The applications of AI for fashion are numerous and respond to real needs, but these developments also come with their own technological challenges: read more.
Throughout the selected dataset, the shoes are centered on a white background and photographed in the same orientation. This can represent another bias in the training of the model. In order to reduce the impact of this bias, data augmentation is a possible solution, as it allows the classes to be rebalanced. This is what we have chosen and used on the training data. Data augmentation is a dataset improvement technique that uses a sample of images from under-represented classes to generate new images, thereby balancing the dataset. To perform data augmentation, there are a number of input transformation methods that can be used, such as:
Example of data augmentation In this case study, three model training approaches are discussed:
For all three models, the confusion matrices are approximately equivalent for all classes except for the Slippers class, for which there is a decrease in correctly classified images with data augmentation. This result is surprising because it is usually expected that data augmentation will improve the classification scores (also called accuracy). Yet the percentages of the slipper class decrease. Nevertheless, this result can be understood later with the help of the elements brought by the different analyses carried out. The point to bear in mind is that accuracy is not the only metric that must be taken into account to determine the performance of an algorithm. To continue the analysis, an image of the "Shoes" class is selected in order to visualize the results of Saimple for each model concerning relevance and dominance.
The results indicate that for the all-DA model the relevance seems to be much more accurate than for the other models, as shown by the difference in pixel concentrations. The same is true for the dominance of the all-DA model, which appears to be more stable, with the green line being further away from the blue lines of the other classes. The all-DA model seems to focus more on the contour of the shoe, which is the element considered to be the main one for the differentiation of the classes. Regarding dominance, the graphs indicate that all models correctly classified the image. But the dominance of the "Shoes" class is more distinct for the models that were trained with data augmentation. Indeed, for the all-DA and DA-slippers models, the dominance score for class 2 ("shoes") is further away from the dominance scores of the other classes than for the no-DA model. This first analysis allowed us to identify, with the help of relevance and dominance, that the models trained with data augmentation are in fact better at classifying this image, even if the accuracy may appear to be lower overall. Subsequently, Gaussian noise with different intensities is added to the example image to observe the behavior of the models in the face of perturbations.
Three levels of Gaussian noise are applied to the reference image. These intensity levels correspond to the different variances used to apply noise to the images. Intensity 0 corresponds to the original image. The three models are compared for each noise level and the Saimple results are examined to understand the difference between the three models.

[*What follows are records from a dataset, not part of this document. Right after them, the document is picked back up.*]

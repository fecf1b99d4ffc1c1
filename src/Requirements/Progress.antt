-- ===== src/Requirements/Progress.antt =====
-- Recording progress, in apps/requirements/services.py: completing, starting and waiving a
-- requirement, and reversing a waiver. The instance is named by its key and read from the table.
use risk_management.Common.{
  ℕ, Bool, true, not, ◌&&◌, Option, none, some, List, [], String, if◌then◌else◌, is_blank, is_some,
  any, same_id,
}
use risk_management.Calendar.{Date, before}
use risk_management.Org.{Volunteer}
use risk_management.Audit.{status_change, waive, waiver_reversed, requirement_instance}
use risk_management.Access.Self.{refuse_self_recording, SelfRefusal}
use risk_management.Requirements.Definition.{RequirementDefinition, definition_at, is_crc, is_gate}
use risk_management.Requirements.Instance.{
  RequirementInstance, RequirementStatus, not_started, in_progress, complete, overdue, waived,
  DueReason, no_due_reason, is_blocked, is_waived, mark_complete, recompute,
}
use risk_management.Requirements.Sync.{sync_volunteer_requirements}
use risk_management.Review.{Snapshot, requirement_completion, waiver, snapshot}
use risk_management.Review.Recording.{open_if_unverified}
use risk_management.Tenant.{
  Tenant, Env, Result, ok, raised, ◌>>=◌, ◌>>◌, refuse_if, or_raise, permission_denied, no_such_row,
  requirement_blocked, in_the_future, reason_missing, crc_not_waivable, not_waived, audit, entity,
  instance_at, put_instance,
}

abbrev pub refused : Option SelfRefusal → Result (Unit {0})
refused none = ok tt
refused (some why) = raised (permission_denied why)

-- `refuse_self_recording(volunteer)`
unfoldable pub refuse_self : Env → Volunteer → Result (Unit {0})
refuse_self env v = refused (refuse_self_recording env.directory env.actor v)

-- `instance` and `instance.definition`
unfoldable pub fetch : ℕ → Tenant → Result (RequirementInstance × RequirementDefinition)
fetch k t = do
  i ← or_raise no_such_row (instance_at k t.instances)
  d ← or_raise no_such_row (definition_at t.definitions i.definition_id)
  ok (i, d)

abbrev pub save : RequirementInstance → Tenant → Tenant
save i t = record t { instances = put_instance i t.instances }

-- `instance.definition.followed_by.filter(dependency_mode=GATE, is_active=True).exists()`
abbrev pub has_dependents : List RequirementDefinition → ℕ → Bool
has_dependents table k =
    any (λ d. same_id d.must_follow (some k) && (is_gate d.dependency_mode && d.is_active)) table

-- `refresh_dependents(instance)`, quiet as every caller has it.
unfoldable pub refresh_dependents : Env → ℕ → Tenant → Tenant
refresh_dependents env definition_id t =
    if has_dependents t.definitions definition_id
    then (sync_volunteer_requirements env env.today true t).0
    else t

abbrev pub snapshot_of : RequirementInstance → Snapshot
snapshot_of i = record {
  instance_fields = some (snapshot i);
  screening_block = none;
  superseded_by_id = none;
  ended_assignments = [];
}

unfoldable pub mark_requirement_complete : Env → ℕ → Date → String → Bool → Tenant → Result Tenant
unfolding refuse_self fetch
mark_requirement_complete env k completed_on notes open_review t = do
  (i, d) ← fetch k t
  refuse_self env t.volunteer
  refuse_if (is_blocked i.status) requirement_blocked
  refuse_if (before env.today completed_on) in_the_future
  let u =
      audit env status_change (entity requirement_instance k)
        (save (mark_complete d completed_on notes i) t)
  queued ←
      (if open_review
        then open_if_unverified env requirement_completion (entity requirement_instance k) none
            (snapshot_of i) u
        else ok u)
  ok (refresh_dependents env i.definition_id queued)

abbrev pub started : Date → RequirementInstance → RequirementStatus → Option RequirementInstance
started today i not_started = some (record i { started_on = some today; status = in_progress })
started today i overdue = some (record i { started_on = some today })
started today i _ = none

abbrev pub save_started : Env → ℕ → Option RequirementInstance → Tenant → Tenant
save_started env k none t = t
save_started env k (some i) t = audit env status_change (entity requirement_instance k) (save i t)

unfoldable pub start_requirement : Env → ℕ → Tenant → Result Tenant
start_requirement env k t = do
  i ← or_raise no_such_row (instance_at k t.instances)
  ok (save_started env k (started env.today i i.status) t)

abbrev pub waived_row : Env → String → String → RequirementInstance → RequirementInstance
waived_row env reason by i = record i {
  status = waived;
  waived_reason = reason;
  waived_by = by;
  waived_on = some env.today;
  due_on = none;
  due_reason = no_due_reason;
}

unfoldable pub waive_requirement : Env → ℕ → String → String → Tenant → Result Tenant
unfolding refuse_self fetch
waive_requirement env k reason by t = do
  (i, d) ← fetch k t
  refuse_self env t.volunteer
  refuse_if (is_blank reason) reason_missing
  refuse_if (is_crc d) crc_not_waivable
  let u = audit env waive (entity requirement_instance k) (save (waived_row env reason by i) t)
  queued ← open_if_unverified env waiver (entity requirement_instance k) none (snapshot_of i) u
  ok (refresh_dependents env i.definition_id queued)

-- `_status_after_reversal`
unfoldable pub status_after_reversal : RequirementInstance → RequirementStatus
status_after_reversal i =
    if is_some i.completed_on
    then complete
    else if is_some i.started_on
    then in_progress
    else not_started

abbrev restored_due : Option (Option Date × DueReason) → RequirementInstance → RequirementInstance
restored_due none i = i
restored_due (some (due_on, due_reason)) i = record i { due_on = due_on; due_reason = due_reason }

-- The row as it is saved, and then recomputed.
unfoldable pub unwaived :
    Date → Option (Option Date × DueReason) → RequirementInstance → RequirementInstance
unfolding status_after_reversal recompute
unwaived today restore_due i = recompute today (
    restored_due restore_due (record i {
      status = status_after_reversal i;
      waived_reason = "";
      waived_by = "";
      waived_on = none;
    }))

abbrev pub reversal_saved :
    Env → ℕ → Option (Option Date × DueReason) → RequirementInstance → Tenant → Tenant
reversal_saved env k restore_due i t = refresh_dependents env i.definition_id (
    audit env waiver_reversed (entity requirement_instance k)
      (save (unwaived env.today restore_due i) t))

unfoldable pub reverse_waiver :
    Env → ℕ → String → Option (Option Date × DueReason) → Tenant → Result Tenant
unfolding unwaived
reverse_waiver env k reason restore_due t = do
  i ← or_raise no_such_row (instance_at k t.instances)
  refuse_if (not (is_waived i.status)) not_waived
  refuse_if (is_blank reason) reason_missing
  ok (reversal_saved env k restore_due i t)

For this first level of noise, the dominance results are similar to the previous results. The relevance is on the shoe for all three models but there is a small difference with the DA-slippers model. Indeed, the relevance for the latter is slightly concentrated on the background of the image. It is assumed that as the intensity of the noise increases, the models will focus more on the background of the image, which could change its classification.
The dominance indicates that the three models, as before, correctly classify the image. However, a difference is still observed, with this time the model without data augmentation having a much less precise relevance than the others. The dominance of the latter is also less distinct compared to the other models. For this level of noise intensity, the relevance produced by Saimple indicates that the models are starting to take the shoe background into account; except for the all-DA model which therefore appears to be more robust than the others.
At this level of noise, the first thing to note is the change in classification of the shoe in the case of the no-data augmentation model (represented by the orange circle). The dominance indicates that the no-Da model misclassifies the image as "slippers". For the DA-slippers model, the membership scores are also very close, which is a sign of significant risk of misclassification. For the all-DA model, the scores are still quite distinct. At this level of noise, the relevance of the no-DA model is totally scattered and no longer distinguishes the shoe, which explains why the model no longer classifies the image correctly. For the other two models, the relevance is on the shoe and slightly on the background, but the all-DA model remains less impacted by the application of noise. Thus, this level of noise intensity confirms the hypothesis, made during the evaluation at intensity level 0.005, that the all-DA model is more robust than the other models. To summarise, it can be noted that the algorithm having been trained on the dataset with data augmentation on all classes (all-DA) still seems to focus relatively well on the whole shoe. There does not appear to be any watermark or bias either. However, the noisier the image, the more difficult it is for the model to locate the features of the shoe that allow it to correctly classify the image, which is still consistent. This difficulty is confirmed by the dominance evaluation, which shows that the noisier the model, the greater the risk of overlapping classes (green line further and further away from 1) and therefore the more possible classification errors there will be. It should be noted that the dominance assessment offered by Saimple also makes it possible to obtain the exact noise threshold at which the model would no longer be considered sufficiently robust. It also offers the possibility of knowing precisely which classes are most likely to be confused. Thus, with the metrics obtained and according to the levels of satisfaction defined, it is possible to decide to change the parameters of the model or to re-train it by enriching the data set. New evaluations could then be carried out with Saimple in order to monitor the evolution of performance.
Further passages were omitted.